**WORK ORDER**
Each line in the records below that has the word "kinds" should be copied.

== == ==

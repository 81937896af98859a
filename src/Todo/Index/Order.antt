-- ===== src/Todo/Index/Order.antt =====
-- The keys of api/src/todo_index.c: reading back, disjoint kinds, and the order of index keys.
use Prim.Native.Nat.{Ordering, compare}
use codo.Prelude.{
  ℕ, zero, suc, ◌+◌, ◌-◌, ◌/◌, ◌%◌, ◌^◌, ◌≤◌, ◌<◌, ◌≡◌, refl, ◌∙◌, ap, ap₂, sym, true, false, ◌==◌,
  none, some, List, [], ◌∷◌, ◌++◌, arith, length, take, drop, get_or, length-append, drop-append,
  take-append_self, get_or-append, append_nil,
}
use mathlib.Core.List.{append_assoc}
use native.Mathlib.Nat.{pow-suc}
use codo.Storage.Page.{compare_keys}
use codo.Storage.Page.Keys.{lex, compare_keys-lex}
use codo.Todo.Index.{
  uint64_max, index_id_width, index_prefix, index_prefix_len, index_key_len, index_user_prefix_len,
  decimal, render, todo_row_key, todo_row_key_parse, index_text, todo_index_key, same_bytes,
  todo_index_key_parse, OwnerPair, pair_compare,
}
use codo.Todo.Index.Digits.{
  fixed, length-fixed, padded-fixed, parse_digits-fixed, parse_digits-decimal, decimal-length,
  parse_digits-value, value,
}

-- Every 64-bit id has a row key, in a buffer of more than 20 bytes, and reading the key gives the id.
pub todo_row_key_parse-todo_row_key :
    (out_size id : ℕ)
    → id ≤ uint64_max
    → index_id_width < out_size
    → (key : List ℕ) × (todo_row_key out_size id ≡ some key) × (todo_row_key_parse key ≡ some id)
unfolding todo_row_key render todo_row_key_parse
todo_row_key_parse-todo_row_key out_size id h room = (
  decimal index_id_width id,
  ground (arith, decimal-length index_id_width id),
  ground (
    arith,
    decimal-length index_id_width id,
    parse_digits-decimal index_id_width id (omega arith) h,
  ),
)

pub index_text_parts :
    (u t : ℕ)
    → u ≤ uint64_max
    → t ≤ uint64_max
    → index_text u t ≡ index_prefix ++ (fixed index_id_width u ++ (b':' ∷ fixed index_id_width t))
unfolding index_text
index_text_parts u t hu ht = rw (padded-fixed u hu, padded-fixed t ht)

parse_row-fixed : (n : ℕ) → n ≤ uint64_max → todo_row_key_parse (fixed index_id_width n) ≡ some n
unfolding todo_row_key_parse
parse_row-fixed n h =
    ground
      (arith, length-fixed index_id_width n, parse_digits-fixed index_id_width n (omega arith) h)

module _ (u t : ℕ) (hu : u ≤ uint64_max) (ht : t ≤ uint64_max) where
  key_of : List ℕ
  key_of = index_text u t

  behind_user : List ℕ
  behind_user = b':' ∷ fixed index_id_width t

  parts : key_of ≡ index_prefix ++ (fixed index_id_width u ++ behind_user)
  unfolding key_of behind_user
  parts = index_text_parts u t hu ht

  front : List ℕ
  front = index_prefix ++ fixed index_id_width u

  front_parts : key_of ≡ front ++ behind_user
  unfolding front
  front_parts = parts ∙ sym (append_assoc index_prefix (fixed index_id_width u) behind_user)

  length-front : length front ≡ index_user_prefix_len - 1
  unfolding front
  length-front =
      omega
        (arith, length-append index_prefix (fixed index_id_width u), length-fixed index_id_width u)

  length-key : length key_of ≡ index_key_len
  unfolding behind_user
  length-key = omega (
    arith,
    ap length front_parts,
    length-append front behind_user,
    length-front,
    length-fixed index_id_width t,
  )

  prefix_same : same_bytes (take index_prefix_len key_of) index_prefix ≡ true
  unfolding same_bytes
  prefix_same = rw (parts) refl

  colon_at : get_or key_of (index_user_prefix_len - 1) 0 ≡ b':'
  unfolding behind_user
  colon_at =
      ap (λ l. get_or l (index_user_prefix_len - 1) 0) front_parts
      ∙ get_or-append front (fixed index_id_width t) b':' 0 (index_user_prefix_len - 1)
          (sym length-front)

  user_at : take index_id_width (drop index_prefix_len key_of) ≡ fixed index_id_width u
  user_at =
      ap (λ l. take index_id_width (drop index_prefix_len l)) parts
      ∙ take-append_self (fixed index_id_width u) behind_user index_id_width
          (sym (length-fixed index_id_width u))

  todo_at : take index_id_width (drop index_user_prefix_len key_of) ≡ fixed index_id_width t
  unfolding behind_user
  todo_at =
      ap (λ l. take index_id_width (drop index_user_prefix_len l)) front_parts
      ∙ ap (take index_id_width)
          (drop-append front behind_user index_user_prefix_len 1 (omega (arith, length-front)))
      ∙ ap (λ l. take index_id_width l) (sym (append_nil (fixed index_id_width t)))
      ∙ take-append_self (fixed index_id_width t) [] index_id_width
          (sym (length-fixed index_id_width t))

  -- Every pair of 64-bit ids has an index key, in a buffer of more than 50 bytes, and reading the
  -- key gives the pair.
  pub todo_index_key_parse-todo_index_key :
      (out_size : ℕ)
      → index_key_len < out_size
      → (key : List ℕ) × (todo_index_key out_size u t ≡ some key)
        × (todo_index_key_parse key ≡ some (u, t))
  unfolding todo_index_key render todo_index_key_parse key_of
  todo_index_key_parse-todo_index_key out_size room = (
    index_text u t,
    ground (arith, length-key),
    rw (user_at, todo_at, parse_row-fixed u hu, parse_row-fixed t ht)
        (ground (arith, length-key, prefix_same, colon_at)),
  )

  -- An index key is never taken for a row key, and what its parse gives is never a row: the two
  -- kinds of key are told apart by every scan.
  pub todo_row_key_parse-index_text : todo_row_key_parse (index_text u t) ≡ none
  unfolding todo_row_key_parse key_of
  todo_row_key_parse-index_text = ground (arith, length-key)

row_length :
    (key : List ℕ) (id : ℕ) → todo_row_key_parse key ≡ some id → length key ≤ index_id_width
unfolding todo_row_key_parse
row_length key id h = ground arith

-- A key that is read as a row is no index key.
pub index_parse_of_row :
    (key : List ℕ) (id : ℕ) → todo_row_key_parse key ≡ some id → todo_index_key_parse key ≡ none
unfolding todo_index_key_parse
index_parse_of_row key id h =
    let short = row_length key id h in
    let other : (length key == index_key_len) ≡ false = ground arith in rw other

-- What is read from a row key is the value of its digits: it never wraps round, and it fits 64 bits.
pub todo_row_key_parse-value :
    (key : List ℕ) (id : ℕ)
    → todo_row_key_parse key ≡ some id
    → (id ≡ value 0 key) × (id ≤ uint64_max)
unfolding todo_row_key_parse
todo_row_key_parse-value key id h = ground (arith, parse_digits-value key 0 id)

-- The order of keys of the same length is settled at the first difference.
lex-append :
    (xs ys as' bs' : List ℕ)
    → length xs ≡ length ys
    → lex (xs ++ as') (ys ++ bs') ≡ (elim (lex xs ys) [
      | Ordering.lt ↦ Ordering.lt
      | Ordering.gt ↦ Ordering.gt
      | Ordering.eq ↦ lex as' bs'
    ])
unfolding lex
lex-append [] [] xs' ys' h = refl
lex-append [] (y ∷ ys) xs' ys' h = absurd (omega arith)
lex-append (x ∷ xs) [] xs' ys' h = absurd (omega arith)
lex-append (x ∷ xs) (y ∷ ys) xs' ys' h = ground (arith, lex-append xs ys xs' ys' (omega arith))

lex-fixed :
    (width a b : ℕ)
    → a < 10 ^ width
    → b < 10 ^ width
    → lex (fixed width a) (fixed width b) ≡ compare a b
unfolding fixed lex
lex-fixed zero a b ha hb = ground arith
lex-fixed (suc width) a b ha hb =
    let small_a : a / 10 < 10 ^ width = omega (arith, pow-suc 10 width) in
    let small_b : b / 10 < 10 ^ width = omega (arith, pow-suc 10 width) in
    ground (
      arith,
      lex-append (fixed width (a / 10)) (fixed width (b / 10)) ((b'0' + a % 10) ∷ [])
          ((b'0' + b % 10) ∷ [])
          (omega (arith, length-fixed width (a / 10), length-fixed width (b / 10))),
      lex-fixed width (a / 10) (b / 10) small_a small_b,
    )

lex-parts :
    (u t v s : ℕ)
    → u ≤ uint64_max
    → t ≤ uint64_max
    → v ≤ uint64_max
    → s ≤ uint64_max
    → lex
        (index_prefix ++ (fixed index_id_width u ++ (b':' ∷ fixed index_id_width t)))
        (index_prefix ++ (fixed index_id_width v ++ (b':' ∷ fixed index_id_width s)))
      ≡ (elim (compare u v) [
        | Ordering.lt ↦ Ordering.lt
        | Ordering.gt ↦ Ordering.gt
        | Ordering.eq ↦ compare t s
      ])
unfolding lex
lex-parts u t v s hu ht hv hs =
    let w : ℕ = index_id_width in
    ground (
      arith,
      lex-append (fixed w u) (fixed w v) (b':' ∷ fixed w t) (b':' ∷ fixed w s)
          (omega (arith, length-fixed w u, length-fixed w v)),
      lex-fixed w u v (omega arith) (omega arith),
      lex-fixed w t s (omega arith) (omega arith),
    )

-- The order of index keys in the tree is the order of `pair_compare`: by owner, then by todo id. So
-- the entries of one owner are a contiguous range, in ascending order of id.
pub compare_keys-index_text :
    (p q : OwnerPair)
    → p.user_id ≤ uint64_max
    → p.todo_id ≤ uint64_max
    → q.user_id ≤ uint64_max
    → q.todo_id ≤ uint64_max
    → compare_keys (index_text p.user_id p.todo_id) (index_text q.user_id q.todo_id)
      ≡ pair_compare p q
unfolding pair_compare
compare_keys-index_text p q pu pt qu qt =
    compare_keys-lex _ _
    ∙ ap₂ lex (index_text_parts _ _ pu pt) (index_text_parts _ _ qu qt)
    ∙ lex-parts _ _ _ _ pu pt qu qt
    ∙ ground arith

== == ==

**RESPONSE TO THIS TASK**
-- The keys of api/src/todo_index.c: reading back, disjoint kinds, and the order of index keys.
  -- kinds of key are told apart by every scan.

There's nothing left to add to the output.